* _Saved data entries_:
####

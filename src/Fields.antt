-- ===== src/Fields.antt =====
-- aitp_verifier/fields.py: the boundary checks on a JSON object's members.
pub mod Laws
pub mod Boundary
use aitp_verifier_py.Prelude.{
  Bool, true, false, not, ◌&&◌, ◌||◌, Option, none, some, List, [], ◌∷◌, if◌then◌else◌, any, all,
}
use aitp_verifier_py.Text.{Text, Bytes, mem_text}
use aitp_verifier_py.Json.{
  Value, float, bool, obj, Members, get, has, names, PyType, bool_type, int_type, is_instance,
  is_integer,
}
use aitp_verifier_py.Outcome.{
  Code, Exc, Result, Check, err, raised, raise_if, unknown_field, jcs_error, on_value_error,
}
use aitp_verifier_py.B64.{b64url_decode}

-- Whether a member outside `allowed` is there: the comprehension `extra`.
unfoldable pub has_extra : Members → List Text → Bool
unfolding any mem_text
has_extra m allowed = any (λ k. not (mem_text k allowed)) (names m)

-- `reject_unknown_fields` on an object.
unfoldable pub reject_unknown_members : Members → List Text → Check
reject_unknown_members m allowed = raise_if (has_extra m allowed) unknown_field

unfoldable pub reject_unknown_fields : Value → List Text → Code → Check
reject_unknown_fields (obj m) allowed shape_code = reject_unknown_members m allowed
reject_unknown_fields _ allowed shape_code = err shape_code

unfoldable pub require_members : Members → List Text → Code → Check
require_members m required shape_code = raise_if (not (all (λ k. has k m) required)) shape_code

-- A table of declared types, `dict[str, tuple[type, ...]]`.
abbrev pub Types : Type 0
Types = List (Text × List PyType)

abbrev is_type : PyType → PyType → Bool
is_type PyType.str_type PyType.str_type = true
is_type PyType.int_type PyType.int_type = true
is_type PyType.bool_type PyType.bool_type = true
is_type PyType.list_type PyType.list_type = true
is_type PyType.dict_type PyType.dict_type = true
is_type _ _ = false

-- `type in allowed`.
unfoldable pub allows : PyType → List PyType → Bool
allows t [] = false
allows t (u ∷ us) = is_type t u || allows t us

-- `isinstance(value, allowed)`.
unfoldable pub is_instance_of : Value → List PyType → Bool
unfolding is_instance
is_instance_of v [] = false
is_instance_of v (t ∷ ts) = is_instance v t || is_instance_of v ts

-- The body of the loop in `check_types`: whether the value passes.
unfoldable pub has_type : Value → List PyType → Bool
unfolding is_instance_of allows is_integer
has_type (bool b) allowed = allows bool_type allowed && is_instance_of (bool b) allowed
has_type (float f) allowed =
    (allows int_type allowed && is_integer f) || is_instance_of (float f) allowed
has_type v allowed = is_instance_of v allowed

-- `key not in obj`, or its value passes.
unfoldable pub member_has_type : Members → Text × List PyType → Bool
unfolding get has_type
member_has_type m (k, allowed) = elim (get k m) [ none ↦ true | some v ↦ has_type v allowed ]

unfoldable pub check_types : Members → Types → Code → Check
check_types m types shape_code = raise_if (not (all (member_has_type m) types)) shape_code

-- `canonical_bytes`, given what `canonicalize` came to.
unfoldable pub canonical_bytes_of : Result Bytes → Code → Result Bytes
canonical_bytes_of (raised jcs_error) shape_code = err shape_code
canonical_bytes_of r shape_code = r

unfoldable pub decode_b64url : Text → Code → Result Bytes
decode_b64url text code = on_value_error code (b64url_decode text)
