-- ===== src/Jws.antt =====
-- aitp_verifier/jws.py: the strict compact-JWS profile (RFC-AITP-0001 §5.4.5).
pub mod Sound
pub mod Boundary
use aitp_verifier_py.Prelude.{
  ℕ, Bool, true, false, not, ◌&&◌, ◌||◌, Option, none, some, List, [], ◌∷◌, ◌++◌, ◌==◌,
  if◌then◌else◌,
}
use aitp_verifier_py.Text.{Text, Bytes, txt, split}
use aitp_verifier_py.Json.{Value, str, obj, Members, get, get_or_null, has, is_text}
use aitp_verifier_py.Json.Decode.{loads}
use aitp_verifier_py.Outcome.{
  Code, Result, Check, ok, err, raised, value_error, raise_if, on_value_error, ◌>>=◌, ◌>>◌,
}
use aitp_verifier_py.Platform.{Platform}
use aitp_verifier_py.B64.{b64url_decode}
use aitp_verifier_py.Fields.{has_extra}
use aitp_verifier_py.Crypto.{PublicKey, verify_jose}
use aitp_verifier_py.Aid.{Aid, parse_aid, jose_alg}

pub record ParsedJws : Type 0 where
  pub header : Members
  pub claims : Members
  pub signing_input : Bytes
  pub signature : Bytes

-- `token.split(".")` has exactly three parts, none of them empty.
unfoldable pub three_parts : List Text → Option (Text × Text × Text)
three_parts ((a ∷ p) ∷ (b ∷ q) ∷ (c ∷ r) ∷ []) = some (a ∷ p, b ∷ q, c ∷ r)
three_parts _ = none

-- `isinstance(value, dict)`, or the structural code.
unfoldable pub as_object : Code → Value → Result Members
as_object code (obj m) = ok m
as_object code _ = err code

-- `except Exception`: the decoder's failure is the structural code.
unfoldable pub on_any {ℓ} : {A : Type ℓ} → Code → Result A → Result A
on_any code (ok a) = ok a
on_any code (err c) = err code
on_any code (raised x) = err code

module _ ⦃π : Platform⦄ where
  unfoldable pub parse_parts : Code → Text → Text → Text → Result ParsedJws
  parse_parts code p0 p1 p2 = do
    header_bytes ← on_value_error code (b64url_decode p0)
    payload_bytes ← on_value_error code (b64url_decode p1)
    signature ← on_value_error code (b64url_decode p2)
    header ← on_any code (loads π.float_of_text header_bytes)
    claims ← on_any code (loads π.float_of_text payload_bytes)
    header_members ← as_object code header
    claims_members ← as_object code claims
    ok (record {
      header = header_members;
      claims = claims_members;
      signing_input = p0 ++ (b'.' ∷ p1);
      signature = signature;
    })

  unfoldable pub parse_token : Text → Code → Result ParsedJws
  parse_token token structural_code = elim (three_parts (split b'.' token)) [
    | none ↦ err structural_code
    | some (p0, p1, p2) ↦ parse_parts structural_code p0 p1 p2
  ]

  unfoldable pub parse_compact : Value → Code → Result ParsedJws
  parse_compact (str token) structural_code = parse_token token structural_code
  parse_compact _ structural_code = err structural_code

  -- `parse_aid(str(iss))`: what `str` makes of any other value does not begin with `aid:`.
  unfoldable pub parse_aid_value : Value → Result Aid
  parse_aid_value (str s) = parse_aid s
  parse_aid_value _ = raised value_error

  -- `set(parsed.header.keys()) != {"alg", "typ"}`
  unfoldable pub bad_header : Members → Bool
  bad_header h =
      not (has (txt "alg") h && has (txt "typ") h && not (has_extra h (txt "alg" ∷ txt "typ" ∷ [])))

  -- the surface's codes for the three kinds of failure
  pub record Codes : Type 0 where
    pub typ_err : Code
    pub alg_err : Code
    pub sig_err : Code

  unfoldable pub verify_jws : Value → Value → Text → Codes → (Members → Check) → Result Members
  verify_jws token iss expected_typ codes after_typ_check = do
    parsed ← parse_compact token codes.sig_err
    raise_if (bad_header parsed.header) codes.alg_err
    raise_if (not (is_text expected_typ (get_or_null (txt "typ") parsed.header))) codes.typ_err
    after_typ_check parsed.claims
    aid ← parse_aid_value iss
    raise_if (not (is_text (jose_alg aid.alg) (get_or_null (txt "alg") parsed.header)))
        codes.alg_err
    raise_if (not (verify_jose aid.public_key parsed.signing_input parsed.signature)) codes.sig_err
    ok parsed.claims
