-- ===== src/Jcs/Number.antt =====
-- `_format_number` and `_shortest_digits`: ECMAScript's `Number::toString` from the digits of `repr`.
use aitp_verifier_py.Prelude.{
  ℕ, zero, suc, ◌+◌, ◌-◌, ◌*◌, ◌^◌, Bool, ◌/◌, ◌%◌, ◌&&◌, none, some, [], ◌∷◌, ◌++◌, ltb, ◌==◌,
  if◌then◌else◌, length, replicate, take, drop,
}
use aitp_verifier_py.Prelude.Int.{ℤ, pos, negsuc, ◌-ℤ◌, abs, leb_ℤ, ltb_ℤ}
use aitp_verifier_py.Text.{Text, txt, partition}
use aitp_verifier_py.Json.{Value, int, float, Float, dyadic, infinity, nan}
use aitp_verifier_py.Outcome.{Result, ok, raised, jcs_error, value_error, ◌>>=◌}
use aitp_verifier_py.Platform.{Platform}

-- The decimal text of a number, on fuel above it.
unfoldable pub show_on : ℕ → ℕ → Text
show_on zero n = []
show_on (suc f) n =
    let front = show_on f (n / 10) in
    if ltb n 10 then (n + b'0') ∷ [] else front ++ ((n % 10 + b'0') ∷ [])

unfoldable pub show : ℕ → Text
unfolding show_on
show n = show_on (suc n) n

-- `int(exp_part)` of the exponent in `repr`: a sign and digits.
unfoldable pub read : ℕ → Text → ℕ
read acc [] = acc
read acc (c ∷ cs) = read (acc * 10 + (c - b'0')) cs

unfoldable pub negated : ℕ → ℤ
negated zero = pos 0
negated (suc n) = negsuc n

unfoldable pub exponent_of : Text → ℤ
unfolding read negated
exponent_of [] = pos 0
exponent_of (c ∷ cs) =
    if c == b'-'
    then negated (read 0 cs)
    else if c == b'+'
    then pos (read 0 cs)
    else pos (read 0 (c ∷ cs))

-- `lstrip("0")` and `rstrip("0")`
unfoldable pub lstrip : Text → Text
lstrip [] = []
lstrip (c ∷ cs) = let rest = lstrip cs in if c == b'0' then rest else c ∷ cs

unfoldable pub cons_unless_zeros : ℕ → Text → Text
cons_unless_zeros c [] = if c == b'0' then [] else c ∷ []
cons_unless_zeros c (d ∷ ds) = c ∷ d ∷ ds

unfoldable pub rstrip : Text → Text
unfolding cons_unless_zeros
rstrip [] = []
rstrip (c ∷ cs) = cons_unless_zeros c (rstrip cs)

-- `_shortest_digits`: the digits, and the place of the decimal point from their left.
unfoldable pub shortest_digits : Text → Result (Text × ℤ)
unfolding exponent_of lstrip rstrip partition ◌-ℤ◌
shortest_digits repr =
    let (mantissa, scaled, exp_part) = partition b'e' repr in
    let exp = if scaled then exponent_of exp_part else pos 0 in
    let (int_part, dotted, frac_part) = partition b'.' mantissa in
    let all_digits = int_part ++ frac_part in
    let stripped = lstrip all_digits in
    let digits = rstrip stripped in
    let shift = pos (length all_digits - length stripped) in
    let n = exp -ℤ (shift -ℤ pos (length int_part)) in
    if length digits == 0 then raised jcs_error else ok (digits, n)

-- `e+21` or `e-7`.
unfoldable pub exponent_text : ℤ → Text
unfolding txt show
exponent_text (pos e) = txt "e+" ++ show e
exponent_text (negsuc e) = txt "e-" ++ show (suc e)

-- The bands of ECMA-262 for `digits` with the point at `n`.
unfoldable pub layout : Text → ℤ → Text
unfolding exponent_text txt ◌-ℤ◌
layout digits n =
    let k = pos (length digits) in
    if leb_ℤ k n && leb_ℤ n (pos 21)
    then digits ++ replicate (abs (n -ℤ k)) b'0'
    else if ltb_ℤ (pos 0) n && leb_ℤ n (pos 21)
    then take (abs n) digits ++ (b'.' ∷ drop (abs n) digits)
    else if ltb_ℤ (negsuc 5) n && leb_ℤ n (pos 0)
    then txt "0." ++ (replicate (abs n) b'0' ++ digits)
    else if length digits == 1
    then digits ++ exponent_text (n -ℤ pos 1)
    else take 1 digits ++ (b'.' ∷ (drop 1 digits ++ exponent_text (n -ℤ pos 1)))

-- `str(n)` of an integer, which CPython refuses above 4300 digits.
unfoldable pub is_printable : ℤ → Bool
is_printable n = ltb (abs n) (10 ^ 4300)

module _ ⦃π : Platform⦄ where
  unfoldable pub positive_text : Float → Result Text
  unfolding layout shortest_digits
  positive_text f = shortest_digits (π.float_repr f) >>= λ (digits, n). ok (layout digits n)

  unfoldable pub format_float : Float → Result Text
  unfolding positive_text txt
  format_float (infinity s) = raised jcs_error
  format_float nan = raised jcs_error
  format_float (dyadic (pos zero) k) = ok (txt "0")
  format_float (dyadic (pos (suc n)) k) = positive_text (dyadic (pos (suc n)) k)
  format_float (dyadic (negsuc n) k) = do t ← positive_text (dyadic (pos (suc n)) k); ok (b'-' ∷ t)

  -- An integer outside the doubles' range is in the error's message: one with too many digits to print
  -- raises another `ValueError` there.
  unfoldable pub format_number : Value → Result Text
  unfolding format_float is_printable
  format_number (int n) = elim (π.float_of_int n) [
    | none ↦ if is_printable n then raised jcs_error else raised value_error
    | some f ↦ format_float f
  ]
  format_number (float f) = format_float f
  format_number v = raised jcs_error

####

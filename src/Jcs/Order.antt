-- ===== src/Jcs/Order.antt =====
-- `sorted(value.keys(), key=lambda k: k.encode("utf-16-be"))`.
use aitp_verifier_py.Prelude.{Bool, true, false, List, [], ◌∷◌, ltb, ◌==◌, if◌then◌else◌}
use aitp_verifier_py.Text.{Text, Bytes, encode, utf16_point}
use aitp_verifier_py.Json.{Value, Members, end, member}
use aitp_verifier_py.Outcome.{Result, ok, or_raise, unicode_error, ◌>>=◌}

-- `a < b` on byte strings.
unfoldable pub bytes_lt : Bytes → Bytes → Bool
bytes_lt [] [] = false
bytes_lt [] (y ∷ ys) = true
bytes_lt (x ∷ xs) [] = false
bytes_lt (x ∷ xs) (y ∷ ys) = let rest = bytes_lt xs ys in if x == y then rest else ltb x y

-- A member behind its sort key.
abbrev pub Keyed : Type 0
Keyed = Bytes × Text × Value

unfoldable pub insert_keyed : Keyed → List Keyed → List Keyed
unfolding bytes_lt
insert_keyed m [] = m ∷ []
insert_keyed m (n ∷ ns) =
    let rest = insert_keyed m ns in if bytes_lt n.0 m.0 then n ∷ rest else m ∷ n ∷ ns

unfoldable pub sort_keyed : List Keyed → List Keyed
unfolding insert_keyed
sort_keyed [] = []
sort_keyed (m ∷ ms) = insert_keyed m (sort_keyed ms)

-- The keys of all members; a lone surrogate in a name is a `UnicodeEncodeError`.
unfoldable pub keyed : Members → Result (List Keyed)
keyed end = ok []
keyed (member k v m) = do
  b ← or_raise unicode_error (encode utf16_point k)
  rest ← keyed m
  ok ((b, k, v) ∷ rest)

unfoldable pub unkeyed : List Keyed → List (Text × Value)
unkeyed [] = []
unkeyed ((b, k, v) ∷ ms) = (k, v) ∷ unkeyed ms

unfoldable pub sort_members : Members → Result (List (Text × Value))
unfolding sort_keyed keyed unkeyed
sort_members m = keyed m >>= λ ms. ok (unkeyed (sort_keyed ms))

####

* _HOW TO COMPLETE THIS TASK_: What are the lines, exactly as written above, from the line with "three_parts ((a ∷" to the line with "none ↦ err structural_code", both included? Output only those.

* _EXERCISE RESPONSE_:
three_parts ((a ∷ p) ∷ (b ∷ q) ∷ (c ∷ r) ∷ []) = some (a ∷ p, b ∷ q, c ∷ r)
three_parts _ = none

-- `isinstance(value, dict)`, or the structural code.
unfoldable pub as_object : Code → Value → Result Members
as_object code (obj m) = ok m
as_object code _ = err code

-- `except Exception`: the decoder's failure is the structural code.
unfoldable pub on_any {ℓ} : {A : Type ℓ} → Code → Result A → Result A
on_any code (ok a) = ok a
on_any code (err c) = err code
on_any code (raised x) = err code

module _ ⦃π : Platform⦄ where
  unfoldable pub parse_parts : Code → Text → Text → Text → Result ParsedJws
  parse_parts code p0 p1 p2 = do
    header_bytes ← on_value_error code (b64url_decode p0)
    payload_bytes ← on_value_error code (b64url_decode p1)
    signature ← on_value_error code (b64url_decode p2)
    header ← on_any code (loads π.float_of_text header_bytes)
    claims ← on_any code (loads π.float_of_text payload_bytes)
    header_members ← as_object code header
    claims_members ← as_object code claims
    ok (record {
      header = header_members;
      claims = claims_members;
      signing_input = p0 ++ (b'.' ∷ p1);
      signature = signature;
    })

  unfoldable pub parse_token : Text → Code → Result ParsedJws
  parse_token token structural_code = elim (three_parts (split b'.' token)) [
    | none ↦ err structural_code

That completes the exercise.